Haben junge Menschen keine Lust auf Arbeit? "Wir erleben eine Zeitenwende"
Leipzig/Berlin - Junge Menschen werden heutzutage gern als faul bezeichnet. Doch was ist dran am Klischee der arbeitsscheuen Jugend? Die MDR "Umschau" hat Jung und Alt zu Wort kommen lassen und die Gründe für die heutige Arbeitsmoral näher beleuchtet.
Tatsächlich hätten viele mittlerweile keine Lust mehr, ihr Leben der Arbeit zu widmen. "Die Work/Life-Balance wird einfach viel wichtiger." Viele würden es inzwischen nicht mehr einsehen, an dieser Stelle Opfer zu bringen, sagen auch Befragte in der "MDR Umschau".
Eine von ihnen ist Leonie Hesse (27), die als Krankenpflegerin in der Gynäkologie arbeitet. Bereits kurz nach der Ausbildung wechselte Leonie in eine Teilzeitstelle. Vollzeitarbeit komme für sie nicht mehr infrage.
"Meine Entscheidung resultierte daraus, dass ich festgestellt habe, dass mich eine Vollzeitstelle einfach zu sehr belastet und ich dadurch wenig Energie in meinem Privatleben übrig hatte." Seitdem sie weniger arbeitet, habe sie mehr Kraft für soziale Kontakte und Hobbys. Der Job mache ihr Spaß, aber Leben sei für ihre Generation eben mehr als nur Arbeit. Die finanziellen Einbußen nimmt sie dafür gern in Kauf.
Bei den Älteren treffen derlei Ansichten oft auf Ablehnung. So zum Beispiel bei Simone Schmollack, die aus der Generation der Baby-Boomer stammt und für die Berliner "TAZ" arbeitet. Schmollack habe mit Personalern gesprochen und dabei "die wildesten Geschichten" erfahren.
"Eine Personalerin hatte eine Bewerberin, die heute entscheiden wollte, ob sie morgen arbeiten kommt. So kann man nicht arbeiten. Welches Unternehmen kann so planen?", so die Journalistin.
Ökonom erklärt: Beschäftigte haben heute mehr Macht
Dass viele Jüngere heutzutage nur noch halbtags arbeiten wollen, sieht Schmollack als Utopie an.

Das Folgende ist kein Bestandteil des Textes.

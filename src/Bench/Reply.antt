-- ===== src/Bench/Reply.antt =====
-- What `echo_server_handle_client` sends back on the stream.
use tlshub_ebpf.Base.{
  ℕ, zero, suc, ◌+◌, ◌≤◌, ◌<◌, ◌≡◌, refl, sym, ap, ◌∙◌, ◌⊎◌, inl, inr, ℤ, Bool, true, false, some,
  [], ◌∷◌, ◌++◌, append-nil, append_assoc, Bytes, length, length-append, take, drop, arith,
}
use tlshub_ebpf.Bench.Sockets.{got, interrupted, TcpSockets, tcp_nodelay, shut_rdwr}
use tlshub_ebpf.Bench.Server.{echo, finish_client, echo_loop, echo_server_handle_client}
use tlshub_ebpf.Bench.Received.{Received-cases}
use tlshub_ebpf.Bench.Stream.{Conversation, IsStream, SendEnds, echo-SendEnds}

take_append_drop : (n : ℕ) (xs : Bytes) → take n xs ++ drop n xs ≡ xs
take_append_drop zero xs = refl
take_append_drop (suc n) [] = refl
take_append_drop (suc n) (x ∷ xs) = ap (◌∷◌ x) (take_append_drop n xs)

-- How serving a client ends: all that was to be received was sent back, or one call failed and the bytes
-- `lost` at the end were not.
abbrev pub Echoed : Conversation → Conversation → Type 0
Echoed a b =
    ((b.out ≡ a.out ++ a.pending) × (b.failures ≡ a.failures))
    ⊎ ((lost : Bytes) × (b.out ++ lost ≡ a.out ++ a.pending) × (b.failures ≡ a.failures + 1))

Echoed-later :
    (a b c : Conversation)
    → b.out ++ b.pending ≡ a.out ++ a.pending
    → b.failures ≡ a.failures
    → Echoed b c
    → Echoed a c
Echoed-later a b c o f (inl (o', f')) = inl (o' ∙ o, f' ∙ f)
Echoed-later a b c o f (inr (lost, o', f')) = inr (lost, o' ∙ o, f' ∙ ap (λ k. k + 1) f)

-- The bytes `bs` were taken from the front of what was to be received.
abbrev Moved : Bytes → Conversation → Conversation → Type 0
Moved bs a b = (a.pending ≡ bs ++ b.pending) × (b.out ≡ a.out) × (b.failures ≡ a.failures)

Moved-echoed :
    (bs : Bytes) (a b c : Conversation)
    → Moved bs a b
    → c.out ≡ b.out ++ bs
    → c.pending ≡ b.pending
    → c.out ++ c.pending ≡ a.out ++ a.pending
Moved-echoed bs a b c (p, o, f) o' p' = rw (o', p', o, p) (append_assoc a.out bs b.pending)

Moved-lost :
    (n : ℕ) (bs : Bytes) (a b c : Conversation)
    → Moved bs a b
    → c.out ≡ b.out ++ take n bs
    → c.out ++ (drop n bs ++ b.pending) ≡ a.out ++ a.pending
Moved-lost n bs a b c (p, o, f) o' =
    rw (o', o, p)
      (append_assoc a.out (take n bs) (drop n bs ++ b.pending)
        ∙ ap (◌++◌ a.out) (
            sym (append_assoc (take n bs) (drop n bs) b.pending)
            ∙ ap (λ z. z ++ b.pending) (take_append_drop n bs)))

module _ {W : Type 0} (net : TcpSockets W) (fd : ℤ) (view : W → Conversation)
    (stream : IsStream net fd view) where
  finish_client_keeps : (w : W) → view (finish_client net fd w) ≡ view w
  unfolding finish_client
  finish_client_keeps w = stream.close_keeps _ ∙ stream.shutdown_keeps shut_rdwr w

  echo_loop-interrupted :
      (round fuel : ℕ) (w : W)
      → (net.recv fd 65536 w).0 ≡ interrupted
      → echo_loop net (suc round) fuel fd w ≡ echo_loop net round fuel fd (net.recv fd 65536 w).1
  unfolding echo_loop
  echo_loop-interrupted round fuel w e = rw (echo_loop, e) refl

  echo_loop-echoed :
      (round fuel c : ℕ) (cs : Bytes) (w w' : W)
      → (net.recv fd 65536 w).0 ≡ got (c ∷ cs)
      → echo net fuel fd 0 (c ∷ cs) (net.recv fd 65536 w).1 ≡ some (true, w')
      → echo_loop net (suc round) fuel fd w ≡ echo_loop net round fuel fd w'
  unfolding echo_loop
  echo_loop-echoed round fuel c cs w w' e e' = rw (echo_loop, e, e') refl

  echo_loop-heard :
      (round fuel c : ℕ) (cs : Bytes) (w : W) (x : Bool × W)
      → (net.recv fd 65536 w).0 ≡ got (c ∷ cs)
      → echo net fuel fd 0 (c ∷ cs) (net.recv fd 65536 w).1 ≡ some x
      → Moved (c ∷ cs) (view w) (view (net.recv fd 65536 w).1)
      → SendEnds net fd view stream (c ∷ cs) (view (net.recv fd 65536 w).1) x.0 (view x.1)
      → ((view x.1).pending ≡ (view (net.recv fd 65536 w).1).pending
          → (view x.1).interrupts ≤ (view (net.recv fd 65536 w).1).interrupts
          → (w' : W) × (echo_loop net round fuel fd x.1 ≡ some w') × Echoed (view x.1) (view w'))
      → (w' : W) × (echo_loop net (suc round) fuel fd w ≡ some w') × Echoed (view w) (view w')
  unfolding echo_loop
  echo_loop-heard round fuel c cs w (true, w2) e run moved (o, p, i, f) rest =
      let (w', run', ends) = rest p i in
      (
        w',
        echo_loop-echoed round fuel c cs w w2 e run ∙ run',
        Echoed-later (view w) (view w2) (view w')
            (Moved-echoed (c ∷ cs) (view w) (view (net.recv fd 65536 w).1) (view w2) moved o p)
            (f ∙ moved.2) ends,
      )
  echo_loop-heard round fuel c cs w (false, w2) e run moved ((n, o), p, i, f) rest = (
    net.close fd w2,
    rw (echo_loop, e, run) refl,
    inr (
      drop n (c ∷ cs) ++ (view (net.recv fd 65536 w).1).pending,
      rw (stream.close_keeps w2)
          (Moved-lost n (c ∷ cs) (view w) (view (net.recv fd 65536 w).1) (view w2) moved o),
      rw (stream.close_keeps w2) (f ∙ ap (λ k. k + 1) moved.2),
    ),
  )

  echo_loop-Echoed :
      (round fuel : ℕ) (w : W)
      → length (view w).pending + (view w).interrupts < round
      → 65536 + (view w).interrupts < fuel
      → (w' : W) × (echo_loop net round fuel fd w ≡ some w') × Echoed (view w) (view w')
  unfolding echo_loop
  echo_loop-Echoed zero fuel w rounds enough = absurd (omega arith)
  echo_loop-Echoed (suc round) fuel w rounds enough =
      let w1 = (net.recv fd 65536 w).1 in
      let law = stream.receives 65536 w (omega arith) in
      elim (Received-cases (net.recv fd 65536 w).0) [
        | inl e ↦
            let (o, p, i, f) = rw e at law in
            let len = ap length p in
            let (w', run, ends) = echo_loop-Echoed round fuel w1 (omega arith) (omega arith) in
            (
              w',
              echo_loop-interrupted round fuel w e ∙ run,
              Echoed-later (view w) (view w1) (view w') (rw (o, p) refl) f ends,
            )
        | inr (inl e) ↦
            let (o, p, i, f) = rw e at law in
            let kept = finish_client_keeps w1 in
            (
              finish_client net fd w1,
              rw (echo_loop, e) refl,
              inr ((view w).pending, rw (kept, o) refl, rw kept f),
            )
        | inr (inr (inl e)) ↦
            let (none_left, o, i, f) = rw e at law in
            let kept = finish_client_keeps w1 in
            (
              finish_client net fd w1,
              rw (echo_loop, e) refl,
              inl (rw (kept, o, none_left) (sym (append-nil (view w).out)), rw kept f),
            )
        | inr (inr (inr (c, cs, e))) ↦
            let (p, most, o, i, f) = rw e at law in
            let len = ap length p ∙ length-append (c ∷ cs) (view w1).pending in
            let (x, run, ends) = echo-SendEnds net fd view stream fuel (c ∷ cs) w1 (omega arith) in
            echo_loop-heard round fuel c cs w x e run (p, o, f) ends
              (λ p' i'.
                let len' = ap length p' in
                echo_loop-Echoed round fuel x.1 (omega arith) (omega arith))
      ]

  -- With a round for each byte that is to be received and each interruption, and fuel for a full buffer and
  -- each interruption, `echo_server_handle_client` returns. Either all that was to be received was sent back,
  -- in order and once, and no call failed; or one call failed, and what was sent back lacks only bytes at
  -- the end.
  pub echo_server_handle_client-Echoed :
      (rounds fuel : ℕ) (w : W)
      → length (view w).pending + (view w).interrupts < rounds
      → 65536 + (view w).interrupts < fuel
      → (w' : W) × (echo_server_handle_client net rounds fuel fd w ≡ some w')
        × Echoed (view w) (view w')
  unfolding echo_server_handle_client
  echo_server_handle_client-Echoed rounds fuel w turns enough =
      let kept = stream.setsockopt_keeps tcp_nodelay w in
      rw (sym kept) (
        echo_loop-Echoed rounds fuel (net.setsockopt fd tcp_nodelay w).1 (rw kept turns)
          (rw kept enough))
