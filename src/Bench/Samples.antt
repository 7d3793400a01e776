-- ===== src/Bench/Samples.antt =====
-- A network with one connection, that takes two bytes at a time and gives one.
use tlshub_ebpf.Base.{
  ℕ, zero, suc, ◌+◌, ◌<◌, ◌≡◌, refl, ap, pos, true, false, some, [], ◌∷◌, ◌++◌, Bytes, min, length,
  take, arith, codes,
}
use tlshub_ebpf.Metrics.Types.{Clock}
use tlshub_ebpf.Bench.Types.{BenchConfig, client}
use tlshub_ebpf.Bench.Sockets.{Sent, sent, Received, got, ready, interrupted, broken, TcpSockets}
use tlshub_ebpf.Bench.Stream.{Conversation, SendLaw, RecvLaw, IsStream}
use tlshub_ebpf.Bench.Transmit.{IsApart}
use tlshub_ebpf.Bench.Finite.{SendCost, RecvCost, IsFinite}

abbrev pub still : Clock Conversation
still = record { gettime = λ w. (record { tv_sec = 7; tv_nsec = 0 }, w) }

-- The interruptions come first.
abbrev pub take_two : ℕ → Bytes → Conversation → Sent × Conversation
take_two zero bs w =
    (sent (min 2 (length bs)), record w { out = w.out ++ take (min 2 (length bs)) bs })
take_two (suc k) bs w = (interrupted, record w { interrupts = k })

abbrev pub give_one : ℕ → Bytes → Conversation → Received × Conversation
give_one zero [] w = (got [], w)
give_one zero (c ∷ cs) w = (got (c ∷ []), record w { pending = cs })
give_one (suc k) bs w = (interrupted, record w { interrupts = k })

abbrev pub toy : TcpSockets Conversation
toy = record {
  socket = λ w. (pos 3, w);
  setsockopt = λ fd o w. (pos 0, w);
  inet_pton = λ ip. some 1;
  connect = λ fd a p w. (pos 0, w);
  send = λ fd bs w. take_two w.interrupts bs w;
  recv = λ fd room w. give_one w.interrupts w.pending w;
  poll = λ fd ms w. (ready, w);
  shutdown = λ fd d w. w;
  close = λ fd w. w;
  malloc = λ n w. (true, w);
  free = λ w. w;
  usleep = λ us w. w;
  bind = λ fd p w. (pos 0, w);
  listen = λ fd n w. (pos 0, w);
  accept = λ fd w. (broken, w);
  signalled = λ w. false;
}

take_two-SendLaw :
    (i : ℕ) (bs : Bytes) (w : Conversation)
    → w.interrupts ≡ i
    → 0 < length bs
    → SendLaw bs w (take_two i bs w).0 (take_two i bs w).1
take_two-SendLaw zero bs w e h = (omega arith, omega arith, refl, refl, omega arith, refl)
take_two-SendLaw (suc k) bs w e h = (refl, refl, omega arith, refl)

give_one-RecvLaw :
    (i : ℕ) (bs : Bytes) (room : ℕ) (w : Conversation)
    → w.interrupts ≡ i
    → w.pending ≡ bs
    → 0 < room
    → RecvLaw room w (give_one i bs w).0 (give_one i bs w).1
give_one-RecvLaw zero [] room w e p h = (p, refl, omega arith, refl)
give_one-RecvLaw zero (c ∷ cs) room w e p h = (p, h, refl, omega arith, refl)
give_one-RecvLaw (suc k) bs room w e p h = (refl, refl, omega arith, refl)

pub toy-IsStream : IsStream toy (pos 3) (λ w. w)
toy-IsStream = record {
  sends = λ bs w h. take_two-SendLaw w.interrupts bs w refl h;
  receives = λ room w h. give_one-RecvLaw w.interrupts w.pending room w refl refl h;
  close_keeps = λ w. refl;
  shutdown_keeps = λ d w. refl;
  setsockopt_keeps = λ o w. refl;
}

pub toy-IsApart : IsApart still toy (λ w. w)
toy-IsApart = record {
  gettime_keeps = λ w. refl;
  malloc_keeps = λ n w. refl;
  free_keeps = λ w. refl;
}

abbrev pub budget : Conversation → ℕ
budget w = length w.pending + w.interrupts

take_two-SendCost :
    (i : ℕ) (bs : Bytes) (w : Conversation)
    → w.interrupts ≡ i
    → 0 < length bs
    → SendCost (length bs) (budget w) (take_two i bs w).0 (budget (take_two i bs w).1)
take_two-SendCost zero bs w e h = (omega arith, omega arith, omega arith)
take_two-SendCost (suc k) bs w e h = omega arith

give_one-RecvCost :
    (i : ℕ) (bs : Bytes) (w : Conversation)
    → w.interrupts ≡ i
    → w.pending ≡ bs
    → RecvCost (budget w) (give_one i bs w).0 (budget (give_one i bs w).1)
give_one-RecvCost zero [] w e p = omega arith
give_one-RecvCost zero (c ∷ cs) w e p = let len = ap length p in omega arith
give_one-RecvCost (suc k) bs w e p = omega arith

pub toy-IsFinite : IsFinite still toy budget
toy-IsFinite = record {
  sends = λ fd bs w h. take_two-SendCost w.interrupts bs w refl h;
  receives = λ fd room w. give_one-RecvCost w.interrupts w.pending w refl refl;
  polls = λ fd ms w. omega arith;
  gettime_le = λ w. omega arith;
  socket_le = λ w. omega arith;
  setsockopt_le = λ fd o w. omega arith;
  connect_le = λ fd a p w. omega arith;
  shutdown_le = λ fd d w. omega arith;
  close_le = λ fd w. omega arith;
  malloc_le = λ n w. omega arith;
  free_le = λ w. omega arith;
  usleep_le = λ us w. omega arith;
}

abbrev pub hello : Conversation
hello = record { out = []; pending = codes "hello"; interrupts = 1; failures = 0 }

abbrev pub two_times_three : BenchConfig
two_times_three = record {
  mode = client;
  target_ip = codes "127.0.0.1";
  target_port = 8080;
  listen_port = 9090;
  data_size = 3;
  concurrency = 1;
  total_connections = 2;
  verbose = true;
  output_json = codes "m.json";
  output_csv = codes "m.csv";
}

"Die Generation der Baby-Boomer hat vielleicht zu viel gearbeitet, das will ich gar nicht bestreiten und das kritisieren die jüngeren Menschen auch zu Recht. Aber was ein Teil der Jüngeren jetzt fordert, diese radikale Arbeitsverkürzung, das mag man als schönen Wunsch haben, das ist aber gesamtgesellschaftlich betrachtet so gar nicht erfüllbar."
Tatsächlich scheinen es jedoch nicht nur die Jüngeren zu sein, die diesen Wunsch hegen. Einer Statistik der Umschau zufolge nimmt die Arbeitsmoral allgemein ab. Waren es 2019 noch 41 Prozent der Befragten, die ihre Arbeit wenn möglich aufgeben würden, stieg die Zahl 2022 auf 56 Prozent.
Jüngere würden heute immer mehr nach den Bedingungen fragen, unter denen sie arbeiten. Dass dies möglich ist, sei dem Ökonomen Prof. Marcel Fratzscher zufolge auf eine drastische Veränderung innerhalb der Wirtschaft zurückzuführen. "Wir erleben eine wirkliche Zeitenwende weg von einem Arbeitgeber-Markt hin zu einem Arbeitnehmer-Markt."
Als es eine hohe Arbeitslosigkeit gab, hätten sich die Unternehmen aussuchen können, wen sie einstellen. Dieses Blatt habe sich inzwischen jedoch gewendet. "In Zeiten des Arbeitskräftemangels bedeutet das gezwungenermaßen, dass Beschäftigte mehr Macht gegenüber ihren Arbeitgebern haben."
Einen Arbeitnehmer-Markt habe es schon einmal gegeben, zu Zeiten des Wirtschaftswunders in den 60er-Jahren. Damals fand der Markt mit Ölkrise und Co. jedoch ein schnelles Ende. Anders als in der jetzigen Zeit, in der sich die Lage sogar noch verschärfen könnte, wenn die Baby-Boomer in Rente gehen und der Bedarf nach Arbeitskräften noch weiter steigt.